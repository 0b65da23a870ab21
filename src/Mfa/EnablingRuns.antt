-- ===== src/Mfa/EnablingRuns.antt =====
-- services/mfa.service.ts: `verifyAndEnable` runs to its end where nothing stands in its way.
use nest_auth.Prelude.{
  ◌≡◌, refl, ◌∙◌, ap, ap₂, Bool, true, false, ◌||◌, Option, none, some, Text, ok, raise, text_eq,
  is_some, token_invalid, arith, Bool-cases, inl, inr, Result,
}
use nest_auth.Prelude.Action.{continue, proceed}
use nest_auth.Keys.{Plane, dashboard, platform}
use nest_auth.AuthRedis.Tickets.{getdel}
use nest_auth.Totp.{verify_totp}
use nest_auth.Users.{Account, with_mfa}
use nest_auth.Mfa.{
  Server, State, Decrypted, assert_plane_tenant, fetch_user_for_context, decrypt_with_rotation,
}
use nest_auth.Mfa.Codes.{scoped_replay_key, legacy_replay_key, verify_totp_with_anti_replay}
use nest_auth.Mfa.Replay.{unmarked, verify_totp_with_anti_replay-reply, marks-taken}
use nest_auth.Mfa.Transition.{scoped_lock_key, legacy_lock_key}
use nest_auth.Mfa.Locking.{is_held}
use nest_auth.Mfa.Rewritten.{transition_mfa_record-writes}
use nest_auth.Mfa.RecoveryCodes.{lacks_repository}
use nest_auth.Mfa.SetupData.{MfaSetupData, parse_setup_data}
use nest_auth.Mfa.Enabled.{users-enable_factor, get-enable_factor, get-getdel}
use nest_auth.Mfa.Enabling.{
  Enablement, enabling_write, setup_key, pending, enable_factor, verify_and_enable,
}

module _ (server : Server) where
  open server use {env, clock, to_upper_case, hmac_sha1, totp_window, has_platform_repository}
  open server.env use {redis, hmac, hmac_key}
  open server.env.redis use {Store, get}

  -- An administrator is found only where there is a repository of them.
  repository_given :
      (context : Plane) (user_id : Text) (tenant_id : Option Text) (u : server.repositories.Users)
      (user : Account)
      → fetch_user_for_context server context user_id tenant_id u ≡ ok user
      → lacks_repository server context ≡ false
  unfolding fetch_user_for_context
  repository_given dashboard user_id tenant_id u user h = refl
  repository_given platform user_id tenant_id u user h = elim (Bool-cases has_platform_repository) [
    | inl given ↦ rw given refl
    | inr missing ↦ let refused : raise token_invalid ≡ ok user = rw missing at h in cc
  ]

  get-getdel_apart :
      (k j : Text) (s : Store) → text_eq k j ≡ false → get (getdel env k s).1 j ≡ get s j
  unfolding getdel
  get-getdel_apart k j s apart = ground (arith, redis.get-del s k j, apart)

  pending-some : (k raw : Text) (s : Store) → get s k ≡ some raw → pending server k s ≡ ok raw
  pending-some k raw s h = rw (pending, h) refl

  module _ (r : Enablement) (w : State server) (user : Account) (raw : Text) (setup : MfaSetupData)
      (d : Decrypted) where
    abbrev pub kept_key : Text
    kept_key = setup_key server r.context r.user_id r.tenant_id

    abbrev pub check : Store → Result Bool × Store
    check = verify_totp_with_anti_replay server r.context r.user_id d.secret r.code r.tenant_id

    abbrev pub marked_store : Store
    marked_store = (check w.store).1

    abbrev pub taken_store : Store
    taken_store = (getdel env kept_key marked_store).1

    marks_apart :
        (text_eq (scoped_replay_key server r.context r.user_id r.tenant_id r.code) kept_key ≡ false)
        × (text_eq (legacy_replay_key server r.context r.user_id r.code) kept_key ≡ false)
    unfolding setup_key scoped_replay_key legacy_replay_key
    marks_apart = (refl, refl)

    -- Neither the marks nor the setup are locks.
    stands_kept :
        (j : Text)
        → text_eq (scoped_replay_key server r.context r.user_id r.tenant_id r.code) j ≡ false
        → text_eq (legacy_replay_key server r.context r.user_id r.code) j ≡ false
        → verify_totp to_upper_case hmac_sha1 clock.now d.secret r.code totp_window ≡ some true
        → is_some (get marked_store j) ≡ is_some (get w.store j)
    stands_kept j apart apart' fit =
        marks-taken server r.context r.user_id d.secret r.code r.tenant_id w.store j fit
        ∙ rw (apart, apart') refl

    held_kept :
        verify_totp to_upper_case hmac_sha1 clock.now d.secret r.code totp_window ≡ some true
        → is_held server r.context r.user_id r.tenant_id taken_store
          ≡ is_held server r.context r.user_id r.tenant_id w.store
    unfolding setup_key scoped_replay_key legacy_replay_key scoped_lock_key legacy_lock_key
    held_kept fit =
        let a = scoped_lock_key server r.context r.user_id r.tenant_id in
        let b = legacy_lock_key server r.context r.user_id in
        ap₂ (λ x y. x || y)
          (ap is_some (get-getdel_apart kept_key a marked_store refl) ∙ stands_kept a refl refl fit)
          (ap is_some (get-getdel_apart kept_key b marked_store refl) ∙ stands_kept b refl refl fit)

    module _ (fits : assert_plane_tenant server r.context r.tenant_id ≡ ok tt)
        (fetched : fetch_user_for_context server r.context r.user_id r.tenant_id w.users ≡ ok user)
        (off : user.safe.mfa_enabled ≡ false) (stood : get w.store kept_key ≡ some raw)
        (parsed : parse_setup_data env raw ≡ some setup)
        (opened : decrypt_with_rotation server setup.encrypted_secret ≡ some d)
        (fit : verify_totp to_upper_case hmac_sha1 clock.now d.secret r.code totp_window
          ≡ some true)
        (is_new : unmarked redis
            (scoped_replay_key server r.context r.user_id r.tenant_id r.code)
            (legacy_replay_key server r.context r.user_id r.code)
            w.store
          ≡ true)
        (free : is_held server r.context r.user_id r.tenant_id w.store ≡ false) where
      abbrev pub taken : State server
      taken = record w { store = taken_store }

      enable_factor-ok : (enable_factor server r setup taken).0 ≡ ok tt
      unfolding enable_factor continue
      enable_factor-ok =
          let done =
            transition_mfa_record-writes server r.context r.user_id r.tenant_id
              (λ current. ok (some (enabling_write setup))) r.lock_token taken user fetched
              (enabling_write setup) (held_kept fit ∙ free) refl in
          rw done.0 refl

      replied : (check w.store).0 ≡ ok true
      replied =
          verify_totp_with_anti_replay-reply server r.context r.user_id d.secret r.code r.tenant_id
            w.store
          ∙ rw (fit, is_new) refl

      still : is_some (get marked_store kept_key) ≡ true
      still = stands_kept kept_key marks_apart.0 marks_apart.1 fit ∙ rw stood refl

      found : (getdel env kept_key marked_store).0 ≡ get marked_store kept_key
      unfolding getdel
      found = refl

      verify_and_enable-runs : verify_and_enable server r w ≡ enable_factor server r setup taken
      unfolding verify_and_enable
      verify_and_enable-runs =
          let given = repository_given r.context r.user_id r.tenant_id w.users user fetched in
          proceed _ tt w (rw fits refl) (
            proceed _ tt w (rw given refl) (
              proceed _ user w (rw fetched refl) (
                proceed _ tt w (rw off refl) (
                  proceed _ raw w (ap (λ x. (x, w)) (pending-some kept_key raw w.store stood)) (
                    proceed _ setup w (rw parsed refl) (
                      proceed _ d w (rw opened refl) (
                        proceed _ true (record w { store = marked_store }) (rw replied refl)
                          (proceed _ tt (record w { store = marked_store }) refl
                            (proceed _ (get marked_store kept_key) taken (rw found refl)
                              (proceed _ tt taken (rw still refl) refl))))))))))

      enable_factor-done :
          enable_factor server r setup taken ≡ (ok tt, (enable_factor server r setup taken).1)
      enable_factor-done = ap (λ x. (x, (enable_factor server r setup taken).1)) enable_factor-ok

      -- Nothing is left to stop it: the reply, the account as it is read back, and the setup.
      pub verify_and_enable-done :
          let run = verify_and_enable server r w in
          (run.0 ≡ ok tt)
          × (fetch_user_for_context server r.context r.user_id r.tenant_id run.1.users
              ≡ ok (with_mfa (enabling_write setup) user))
          × (get run.1.store kept_key ≡ none)
      verify_and_enable-done = rw verify_and_enable-runs (
        enable_factor-ok,
        users-enable_factor server r setup taken _ user fetched enable_factor-done,
        get-enable_factor server r setup taken _ enable_factor-done
            ∙ get-getdel server kept_key marked_store,
      )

Required action: Your answer must consist only of the lines from the start of the records above through the line with "unfolding fetch_user_for_context", each retyped exactly.

Solution to the problem:
repository 0b65da23a870ab21
filename src/Mfa/EnablingRuns.antt
-- ===== src/Mfa/EnablingRuns.antt =====
-- services/mfa.service.ts: `verifyAndEnable` runs to its end where nothing stands in its way.
use nest_auth.Prelude.{
  ◌≡◌, refl, ◌∙◌, ap, ap₂, Bool, true, false, ◌||◌, Option, none, some, Text, ok, raise, text_eq,
  is_some, token_invalid, arith, Bool-cases, inl, inr, Result,
}
use nest_auth.Prelude.Action.{continue, proceed}
use nest_auth.Keys.{Plane, dashboard, platform}
use nest_auth.AuthRedis.Tickets.{getdel}
use nest_auth.Totp.{verify_totp}
use nest_auth.Users.{Account, with_mfa}
use nest_auth.Mfa.{
  Server, State, Decrypted, assert_plane_tenant, fetch_user_for_context, decrypt_with_rotation,
}
use nest_auth.Mfa.Codes.{scoped_replay_key, legacy_replay_key, verify_totp_with_anti_replay}
use nest_auth.Mfa.Replay.{unmarked, verify_totp_with_anti_replay-reply, marks-taken}
use nest_auth.Mfa.Transition.{scoped_lock_key, legacy_lock_key}
use nest_auth.Mfa.Locking.{is_held}
use nest_auth.Mfa.Rewritten.{transition_mfa_record-writes}
use nest_auth.Mfa.RecoveryCodes.{lacks_repository}
use nest_auth.Mfa.SetupData.{MfaSetupData, parse_setup_data}
use nest_auth.Mfa.Enabled.{users-enable_factor, get-enable_factor, get-getdel}
use nest_auth.Mfa.Enabling.{
  Enablement, enabling_write, setup_key, pending, enable_factor, verify_and_enable,
}

module _ (server : Server) where
  open server use {env, clock, to_upper_case, hmac_sha1, totp_window, has_platform_repository}
  open server.env use {redis, hmac, hmac_key}
  open server.env.redis use {Store, get}

  -- An administrator is found only where there is a repository of them.
  repository_given :
      (context : Plane) (user_id : Text) (tenant_id : Option Text) (u : server.repositories.Users)
      (user : Account)
      → fetch_user_for_context server context user_id tenant_id u ≡ ok user
      → lacks_repository server context ≡ false
  unfolding fetch_user_for_context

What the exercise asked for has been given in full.